The school had given me a home-schooling option for that half of the term because of my mum. I’d never taken them up on it before because I felt like I needed the normality of school. Laughable. I stopped going to school. My grades were good enough, and we were at the stage of the term where everything was essentially exam prep. Aside from exams, I didn’t have to see anyone. Allegiances had been quickly drawn: Yinda defaulted to Rianne, understandably. Lysha too, on the surface, but she texted me a couple of times after a few weeks of radio silence.
Lysha: Gotta be honest, K, this is dark shit. I know you’re going through some shit but this is dark shit. I’m talking iron tablet, dark shit bruv. But it don’t sound like you. I’m worried. I shouldn’t do this but you know I’m here. Yeah? I know you’re not ok. Also, Nile is a prick. I don’t trust a word he says. Call me.
I never called her. What was the point? People believed what they wanted to believe. I was going to leave soon, leave school behind, my mess behind. I could start somewhere else all over again and situate myself outside, never get entangled. I could keep people safe from my chaos and keep myself safe from chaos. You couldn’t be caught out if you kept yourself out.
Chapter 17
“Screw her. What the hell does she want?”
“I don’t know,” I said, panting.
“Why would she show up in your life after all this time?”
“I don’t know.”
Aminah and I were doing our seven p.m.
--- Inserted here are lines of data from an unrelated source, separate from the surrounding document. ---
-- ===== src/Command/Fence.antt =====
-- Two commands for one generation of a service (internal/data/postgres/command_usecase.go).
use ani_inference_service.Command.Repeats.{command-passes}
use ani_inference_service.Command.Results.{Passes}
use ani_inference_service.Command.Outcome.{Accepted}
use ani_inference_service.Work.Table.{Service, find_service}
use ani_inference_service.Command.Database.{Database, is_request}
use ani_inference_service.Command.Model.{
  Environment, CommandInput, is_delete, at_expected, Draw, OperationResponse, generation_conflict,
  method_of,
}
use ani_inference_service.Prelude.{
  ==_iff, none, if◌then◌else◌, ◌∙◌, true, refl, ap, inl, Bool-cases, arith, negsuc, some, ◌≢◌, ◌+◌,
  str_eq, Bool, err, String, false, pos, ℤ, inr, ◌≡◌, sym, ℕ, find_row,
}
use ani_inference_service.Operation.{
  create, start, update, restart, stop, delete, other_kind, OperationKind,
}
use ani_inference_service.Command.Accept.{accept, accept_once, admit, command}

-- A kind other than delete names the generation that it changes.
names_generation :
    (kind : OperationKind) (e : ℤ) (n : ℕ)
    → is_delete kind ≡ false
    → at_expected kind e n ≡ true
    → e ≡ pos n
names_generation create (pos m) n d h = ap pos (sym ((==_iff n m).0 h))
names_generation start (pos m) n d h = ap pos (sym ((==_iff n m).0 h))
names_generation update (pos m) n d h = ap pos (sym ((==_iff n m).0 h))
names_generation restart (pos m) n d h = ap pos (sym ((==_iff n m).0 h))
names_generation stop (pos m) n d h = ap pos (sym ((==_iff n m).0 h))
names_generation (other_kind s) (pos m) n d h = ap pos (sym ((==_iff n m).0 h))
names_generation create (negsuc m) n d h = cc
names_generation start (negsuc m) n d h = cc
names_generation update (negsuc m) n d h = cc
names_generation restart (negsuc m) n d h = cc
names_generation stop (negsuc m) n d h = cc
names_generation (other_kind s) (negsuc m) n d h = cc
names_generation delete e n d h = cc

unlike_next : (n : ℕ) → pos n ≢ pos (n + 1)
unlike_next n e = omega (arith, pos_injective e)
  where
    pos_injective : {a b : ℕ} → pos a ≡ pos b → a ≡ b
    pos_injective e = cc

late :
    (kind : OperationKind) (n : ℕ)
    → is_delete kind ≡ false
    → at_expected kind (pos n) (n + 1) ≡ false
late kind n d = elim (Bool-cases (at_expected kind (pos n) (n + 1))) [
  | inl h ↦ absurd (unlike_next n (names_generation kind (pos n) (n + 1) d h))
  | inr h ↦ h
]

module _ (env : Environment) (tenant service : String) (j : CommandInput) where
  -- A service that is a generation further refuses the command.
  admit-late :
      (draw : Draw) (d : Database) (current : Service)
      → at_expected j.kind j.expected_generation current.desired_generation ≡ false
      → admit env draw tenant service j d current ≡ err generation_conflict
  unfolding admit
  admit-late draw d current h = rw h

  accept-late :
      (draw : Draw) (d : Database) (current : Service)
      → find_service tenant service d.tables.services ≡ some current
      → at_expected j.kind j.expected_generation current.desired_generation ≡ false
      → accept env draw tenant service j d ≡ err generation_conflict
  unfolding accept
  accept-late draw d current found h = rw (found, admit-late draw d current h)

  accept_once-fresh :
      (draw : Draw) (d : Database)
      → find_row (is_request tenant (method_of j.kind) j.request_id) d.idempotency ≡ none
      → accept_once env draw tenant service j d ≡ accept env draw tenant service j d
  unfolding accept_once
  accept_once-fresh draw d fresh = rw fresh (either (str_eq j.request_id ""))
    where
      either :
          (b : Bool)
          → (if b then accept env draw tenant service j d else accept env draw tenant service j d)
            ≡ accept env draw tenant service j d
      either true = refl
      either false = refl

  -- After an accepted command for a generation, another command for the same generation of the same
  -- service is refused as late and changes nothing, if neither is a delete, the second carries no
  -- managed attachment, and its key is not stored yet.
  pub command-fenced :
      (draw draw' : Draw) (i : CommandInput) (d : Database) (answer : OperationResponse)
      (d' : Database)
      → Accepted env draw tenant service i d answer d'
      → is_delete i.kind ≡ false
      → is_delete j.kind ≡ false
      → j.expected_generation ≡ i.expected_generation
      → Passes env j tenant service
      → j.managed ≡ false
      → find_row (is_request tenant (method_of j.kind) j.request_id) d'.idempotency ≡ none
      → command env draw' j d' ≡ (err generation_conflict, d')
  command-fenced draw draw' i d answer d' a changes changes' same passes unattached fresh =
      let n = a.current.desired_generation in
      let named = same ∙ names_generation i.kind i.expected_generation n changes a.expected in
      let behind = ap (λ e. at_expected j.kind e (n + 1)) named ∙ late j.kind n changes' in
      command-passes env j tenant service passes draw' d' (err generation_conflict) unattached
        (accept_once-fresh draw' d' fresh ∙ accept-late draw' d' _ a.started.moved behind)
Sweat Out—power walking around the quad—a habit we started since we realized we were too lazy for the gym and we hated running. We looked like two aunties trying to snap back after a divorce, but it was effective, plus we got to wear cute workout leggings and crop tops. We did it three times a week and since we were often busy during the day, this was our time to debrief and catch up. It was pleasant, with the air newly turning crisp, and for some reason we found the deepening dusk therapeutic for our talks. I’d hoped that sweating would somehow help me release some of the tight stress that had been bound up in my chest ever since Rianne sent that friend request. The tagging only exacerbated it. I really didn’t know what she wanted, but the one thing I knew was that it wasn’t because she was ready to forgive me, which was why I found her contact so disturbing. It was like she was trying to taunt me. It got under my skin, made me itch at a place I couldn’t get at.